Дождь. Эпизоды

     Со вчерашнего вечера идёт дождь -- тихий, монотонный, заупокойный. Серые облака лениво плывут по небу, накрывая Город грязным покрывалом как мешковиной закрывают трупы. Отдалённый дым догорающих зданий поднимается вверх растворяясь в дождливых облаках, и не поймёшь -- то ли дым поднимается вверх, то ли небо протянуло серые щупальца и ощупывает умирающий Город.
     Тихо, сыро и тоскливо, да так, что хочется кого-нибудь убить. Правда некого, ибо затишье.
     Странные мы, люди, -- идут бои думаем лишь о том, когда же это безумие кончиться, но наступившая тишина пугает больше чем рядом разорвавшаяся мина. Тишина на войне не менее опасна нежели граната без чеки, чего ждать от тишины никогда не знаешь, ну уж точно не спокойствия.
     Ну, а пока сыро и тихо. Монотонный шелест дождя сливается с бормотанием оружейников и стоном обессиленного Узбека, наступившего третьего дня на мину и лишившегося правой ступни по колено. Врачей у нас нет, медикаментов нет, ни черта нет, дойдёт Узбек не сегодня, так завтра, жаль пацана, но... Из соседней комнаты слышен ещё звук передвигаемых по доске шашек и шипение рации, но всё это сливается с дождём в один монотонный фон не выделяясь, а растворяясь в нём.
     Создаётся впечатление, что мы перенеслись в другое измерение, то ли четвёртое, то ли пятое, или находимся вообще вне всякого измерения -- Мира нет, мир это наше полу здание и видимый горизонт, а там, за пеленой дождя Космос, Другой мир.
     Уж очень хочется в это верить.
     -- Слышь, Колян, а война закончиться? -- Послышалось приглушенное бормотание в углу.
     -- Нет, если выживешь, и да, если не повезёт, -- следовал такой же тихий ответ, как будто опасающийся за тишину.
     -- Да, уж, для Узбека война скоро закончиться. Чуда не будет. -- не успокаивался всё тот же тихий голос. -- Интересно, а страшно умирать?
     -- Нашёл интерес. Как Узбек страшно, а чаще и испугаться не успеешь, -- лениво отозвался ещё один стрелок, отдыхавший на ящиках от "Стрел".
     -- Дед, вот ты нам скажи, как было в ваше время? У вас же было мирное время.

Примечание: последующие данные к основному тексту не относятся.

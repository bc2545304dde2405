-- ===== src/Session/Control/Reader.antt =====
-- The loop of controlReader of session/session.go.
use quicrtc.Prelude.{
  ℕ, ◌<◌, ◌≡◌, ◌≢◌, refl, sym, ap, ◌∙◌, subst, ◌⊎◌, inl, inr, List, Bool, true, false, length, [],
  ◌∷◌, ◌++◌, Option, none, some, Sink, Error, err, ok, All, append-nil, arith, Bool-cases,
  Option-cases,
}
use quicrtc.Wire.Control.{read_control_frame, write_control_frame}
use quicrtc.Wire.Control.Laws.{read_control_frame-shorter}
use quicrtc.Session.Handshake.Gate.{Result-cases}
use quicrtc.Session.Inbound.{Inbound}
use quicrtc.Session.Streams.{Event, step, run}
use quicrtc.Session.Control.{
  type_close, type_error, type_pong, ControlJson, Callbacks, Control, ControlEnd, handle_frame,
  control_round, control_reader,
}
use quicrtc.Session.Control.Laws.{
  Frame, pong_due, pongs_due, write_pongs, announcement, announcements, Ends, fault_of, Handled,
}
use quicrtc.Session.Control.Frames.{handle_frame-Handled}
use quicrtc.Session.Control.Pacing.{IsPaced, pongs_due-IsPaced}

-- The frames that the reader reads, each handled at the time of its round, and why it returns:
-- after a frame with which it returns, when the context has ended, or when no frame can be read.
abbrev pub Reads : ControlJson → List (Bool × ℕ) → List ℕ → List Frame → Option ControlEnd → Type 0
Reads json [] input [] end = end ≡ none
Reads json [] input (f ∷ fs) end = ⊥
Reads json ((ctx_err, now) ∷ rounds) input [] end =
    ((ctx_err ≡ true) × (end ≡ some ControlEnd.ctx_ended))
    ⊎ ((fault : Error) × (ctx_err ≡ false)
        × (read_control_frame input ≡ err fault)
        × (end ≡ some (ControlEnd.read_failed fault)))
Reads json ((ctx_err, now) ∷ rounds) input (f ∷ fs) end =
    (ctx_err ≡ false)
    × (f.0 ≡ now)
    × ((rest : List ℕ) × (read_control_frame input ≡ ok (f.1, rest))
        × (((e : ControlEnd) × (end ≡ some e) × Ends json f e × (fs ≡ []))
            ⊎ ((f.1.0 ≢ type_close) × (f.1.0 ≢ type_error) × Reads json rounds rest fs end)))

-- What the reader does with the frames.
pub record Followed (c : Callbacks) (json : ControlJson) (rounds : List (Bool × ℕ)) (input : List ℕ)
    (s : Control) (r : Control × Option ControlEnd) : Type 0 where
  pub frames : List Frame
  pub reads : Reads json rounds input frames r.1
  pub ctl : write_pongs (pongs_due s.last_ping frames) s.ctl ≡ (r.0.ctl, fault_of r.1)
  pub inbound : r.0.inbound ≡ run c.on_announce (announcements json frames) s.inbound

run-append :
    (on_announce : Option (List ℕ → List ℕ → Option (List ℕ))) (es fs : List Event) (i : Inbound)
    → run on_announce (es ++ fs) i ≡ run on_announce fs (run on_announce es i)
unfolding run
run-append on_announce [] fs i = refl
run-append on_announce (e ∷ es) fs i = run-append on_announce es fs (step on_announce e i)

write_pongs-append :
    (ps qs : List (ℕ × List ℕ)) (w w' : Sink)
    → write_pongs ps w ≡ (w', none)
    → write_pongs (ps ++ qs) w ≡ write_pongs qs w'
write_pongs-append [] qs w w' h = ap (write_pongs qs) (ap (λ x. x.0) h)
write_pongs-append (p ∷ ps) qs w w' h =
    let (w₁, e) = write_control_frame w type_pong p.1 in
    elim (Option-cases e) [
      | inl sent ↦
          let one : write_pongs (p ∷ ps) w ≡ write_pongs ps w₁ = ground (arith, sent) in
          let all : write_pongs ((p ∷ ps) ++ qs) w ≡ write_pongs (ps ++ qs) w₁ =
            ground (arith, sent) in
          all ∙ write_pongs-append ps qs w₁ w' (sym one ∙ h)
      | inr (fault, failed) ↦
          let one : write_pongs (p ∷ ps) w ≡ (w₁, some fault) = ground (arith, failed) in
          absurd (cc (ap (λ x. x.1) (sym one ∙ h)))
    ]

-- The reader has handled a frame and goes on.
Followed-cons :
    (c : Callbacks) (json : ControlJson) (now : ℕ) (rounds : List (Bool × ℕ)) (input rest : List ℕ)
    (frame : ℕ × List ℕ) (s s' : Control) (r : Control × Option ControlEnd)
    → read_control_frame input ≡ ok (frame, rest)
    → Handled c json (now, frame) s (s', none)
    → frame.0 ≢ type_close
    → frame.0 ≢ type_error
    → Followed c json rounds rest s' r
    → Followed c json ((false, now) ∷ rounds) input s r
Followed-cons c json now rounds input rest frame s s' r framed h apart sound later =
    let f : Frame = (now, frame) in
    record {
      frames = f ∷ later.frames;
      reads = (refl, refl, (rest, framed, inr (apart, sound, later.reads)));
      ctl =
          write_pongs-append (pong_due s.last_ping f) _ s.ctl s'.ctl h.ctl
          ∙ subst (λ n. write_pongs (pongs_due n later.frames) s'.ctl ≡ (r.0.ctl, fault_of r.1))
              h.last_ping later.ctl;
      inbound =
          later.inbound
          ∙ ap (run c.on_announce (announcements json later.frames)) h.inbound
          ∙ sym (
              run-append c.on_announce (announcement json f) (announcements json later.frames)
                s.inbound);
    }

-- The reader returns with a frame.
Followed-last :
    (c : Callbacks) (json : ControlJson) (now : ℕ) (rounds : List (Bool × ℕ)) (input rest : List ℕ)
    (frame : ℕ × List ℕ) (s : Control) (r : Control × Option ControlEnd) (e : ControlEnd)
    → read_control_frame input ≡ ok (frame, rest)
    → Handled c json (now, frame) s r
    → r.1 ≡ some e
    → Ends json (now, frame) e
    → Followed c json ((false, now) ∷ rounds) input s r
Followed-last c json now rounds input rest frame s r e framed h ended ends =
    let f : Frame = (now, frame) in
    record {
      frames = f ∷ [];
      reads = (refl, refl, (rest, framed, inl (e, ended, ends, refl)));
      ctl = ap (λ ps. write_pongs ps s.ctl) (append-nil (pong_due s.last_ping f)) ∙ h.ctl;
      inbound =
          h.inbound
          ∙ ap (λ es. run c.on_announce es s.inbound) (sym (append-nil (announcement json f)));
    }

-- The reader has read nothing.
Followed-nil :
    (c : Callbacks) (json : ControlJson) (rounds : List (Bool × ℕ)) (input : List ℕ) (s : Control)
    (end : Option ControlEnd)
    → fault_of end ≡ none
    → Reads json rounds input [] end
    → Followed c json rounds input s (s, end)
unfolding run
Followed-nil c json rounds input s end quiet reads = record {
  frames = [];
  reads = reads;
  ctl = ap (λ e. (s.ctl, e)) (sym quiet);
  inbound = refl;
}

control_reader-Followed :
    (c : Callbacks) (json : ControlJson) (rounds : List (Bool × ℕ)) (input : List ℕ) (s : Control)
    → Followed c json rounds input s (control_reader c json rounds input s)
unfolding control_reader control_round
control_reader-Followed c json [] input s = Followed-nil c json [] input s none refl refl
control_reader-Followed c json ((true, now) ∷ rounds) input s =
    Followed-nil c json ((true, now) ∷ rounds) input s (some ControlEnd.ctx_ended) refl
      (inl (refl, refl))
control_reader-Followed c json ((false, now) ∷ rounds) input s =
    let all = (false, now) ∷ rounds in
    let run_all = control_reader c json all input s in
    elim (Result-cases (read_control_frame input)) [
      | inl (fault, bad) ↦
          let end = some (ControlEnd.read_failed fault) in
          let e : run_all ≡ (s, end) = ground (arith, bad) in
          subst (Followed c json all input s) (sym e)
            (Followed-nil c json all input s end refl (inr (fault, refl, bad, refl)))
      | inr (((t, payload), rest), framed) ↦
          let r = handle_frame c json now t payload s in
          let h = handle_frame-Handled c json now t payload s in
          elim h.ending [
            | inl (on, apart, sound) ↦
                let e : run_all ≡ control_reader c json rounds rest r.0 =
                  ground (arith, framed, on) in
                let is : r ≡ (r.0, none) = ap (λ x. (r.0, x)) on in
                subst (Followed c json all input s) (sym e) (
                  Followed-cons c json now rounds input rest (t, payload) s r.0 _ framed
                    (subst (Handled c json (now, (t, payload)) s) is h) apart sound
                    (control_reader-Followed c json rounds rest r.0))
            | inr (end, ended, ends) ↦
                let e : run_all ≡ r = ground (arith, framed, ended) in
                subst (Followed c json all input s) (sym e) (
                  Followed-last c json now rounds input rest (t, payload) s r end framed h ended
                    ends)
          ]
    ]

Reads-late :
    (json : ControlJson) (rounds : List (Bool × ℕ)) (input : List ℕ) (fs : List Frame)
    (end : Option ControlEnd)
    → All (λ (r : Bool × ℕ). 0 < r.1) rounds
    → Reads json rounds input fs end
    → All (λ f. 0 < f.0) fs
Reads-late json rounds input [] end late reads = tt
Reads-late json [] input (f ∷ fs) end late reads = absurd reads
Reads-late json ((ctx_err, now) ∷ rounds) input (f ∷ fs) end late (go, is, (rest, framed, next)) = (
  subst (λ n. 0 < n) (sym is) late.0,
  elim next [
    | inl (e, ended, ends, is_last) ↦ subst (All (λ f. 0 < f.0)) (sym is_last) tt
    | inr (apart, sound, later) ↦ Reads-late json rounds rest fs end late.1 later
  ],
)

-- Whatever the peer sends, controlReader, for as many rounds as are given, reads the frames of the
-- control stream in order until it returns: after a TypeClose, a TypeError or a PONG that cannot be
-- written, or because the context has ended or no frame can be read. Beside the TypeError frames for
-- announcements it writes PONGs only, each with the payload of a PING: one for every PING but those
-- that come less than a second after the last PONG. So no two PONGs are less than a second apart, if
-- the clock is past 0, however often it is pinged and even if the clock is set back. What it does to
-- the inbound tracks is to announce and to unannounce what the frames say, in order, and nothing
-- else.
pub control_reader-Controlled :
    (c : Callbacks) (json : ControlJson) (rounds : List (Bool × ℕ)) (input : List ℕ) (s : Control)
    → All (λ (r : Bool × ℕ). 0 < r.1) rounds
    → (f : Followed c json rounds input s (control_reader c json rounds input s)) × IsPaced
        s.last_ping
        (pongs_due s.last_ping f.frames)
control_reader-Controlled c json rounds input s late =
    let f = control_reader-Followed c json rounds input s in
    (
      f,
      pongs_due-IsPaced s.last_ping f.frames (Reads-late json rounds input f.frames _ late f.reads),
    )

-- A round that goes on has read a frame.
control_round-shorter :
    (c : Callbacks) (json : ControlJson) (ctx_err : Bool) (now : ℕ) (input : List ℕ) (s : Control)
    → (control_round c json ctx_err now input s).0.1 ≡ none
    → length (control_round c json ctx_err now input s).1 < length input
unfolding control_round
control_round-shorter c json ctx_err now input s h =
    let r = control_round c json ctx_err now input s in
    elim (Bool-cases ctx_err) [
      | inl over ↦ absurd (ground (arith, over, h))
      | inr goes ↦ elim (Result-cases (read_control_frame input)) [
        | inl (fault, bad) ↦ absurd (ground (arith, goes, bad, h))
        | inr (((t, payload), rest), framed) ↦
            let e : r.1 ≡ rest = ground (arith, goes, framed) in
            subst (λ b. length b < length input) (sym e)
              (read_control_frame-shorter input t payload rest framed)
      ]
    ]

-- On a control stream that ends, controlReader returns: with more rounds than there are bytes to
-- read it has done so, whatever the bytes are.
pub control_reader-returns :
    (c : Callbacks) (json : ControlJson) (rounds : List (Bool × ℕ)) (input : List ℕ) (s : Control)
    → length input < length rounds
    → (end : ControlEnd) × ((control_reader c json rounds input s).1 ≡ some end)
unfolding control_reader
control_reader-returns c json [] input s h = absurd (omega arith)
control_reader-returns c json ((ctx_err, now) ∷ rounds) input s h =
    let r = control_round c json ctx_err now input s in
    elim (Option-cases r.0.1) [
      | inr (end, e) ↦ (end, ground (arith, e))
      | inl e ↦
          let eq : (control_reader c json ((ctx_err, now) ∷ rounds) input s).1
              ≡ (control_reader c json rounds r.1 r.0.0).1 =
            ground (arith, e) in
          let fewer = control_round-shorter c json ctx_err now input s e in
          let (end, ended) =
            control_reader-returns c json rounds r.1 r.0.0 (omega (arith, fewer)) in
          (end, eq ∙ ended)
    ]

     Это уже кто-то зацепил и меня.
     -- Что вам сказать, пацаны? Было и мирное время. Это нам так казалось. У нас ведь не гремело, не стреляло, не падало, у нас было тихо.
     Где то там, по Т.В., в газетах и радиоэфире шли настоящие битвы, маленькие и большие, кровавые и не очень, кто-то кого-то свергал и устанавливал своё правление, кто-то кого-то взрывал и расстреливал, бомбил и жёг фосфором, но всё это было там, за экраном, за газетной полосой и в радиоэфире, а нам было уютно и тихо на диване.
     Даже когда показывали откровенные сцены убийств, расправ над пленными, хладнокровный расстрел или резню не только военных, но и неугодных гражданских мы только поёживались и ждали продолжения. Мы смотрели жуткое реалити шоу и нам не было страшно, ведь это не с нами, но самое страшное то, что нам не было стыдно за наше равнодушие, любопытство и скрытое наслаждение -- у нас уже наступила некромания души.
     И мы называли это "мирное время". Вы ведь то же играли в эту игру, а теперь лишь по другую сторону экрана...
     -- И тут Остапа понесло...
     Это относилось ко мне, меня действительно понесло, я как будто читал перед аудиторией лекцию которых никогда не было в жизни, читал размеренно и чётко, фразы ложились сами собой, без поуз, спокойно и, возможно, отстранённо. Читал скорей даже не им, а себе, пытаясь в старом ворохе прошлых грехов найти что-то, что осмыслило бы нашу нынешнюю жизнь...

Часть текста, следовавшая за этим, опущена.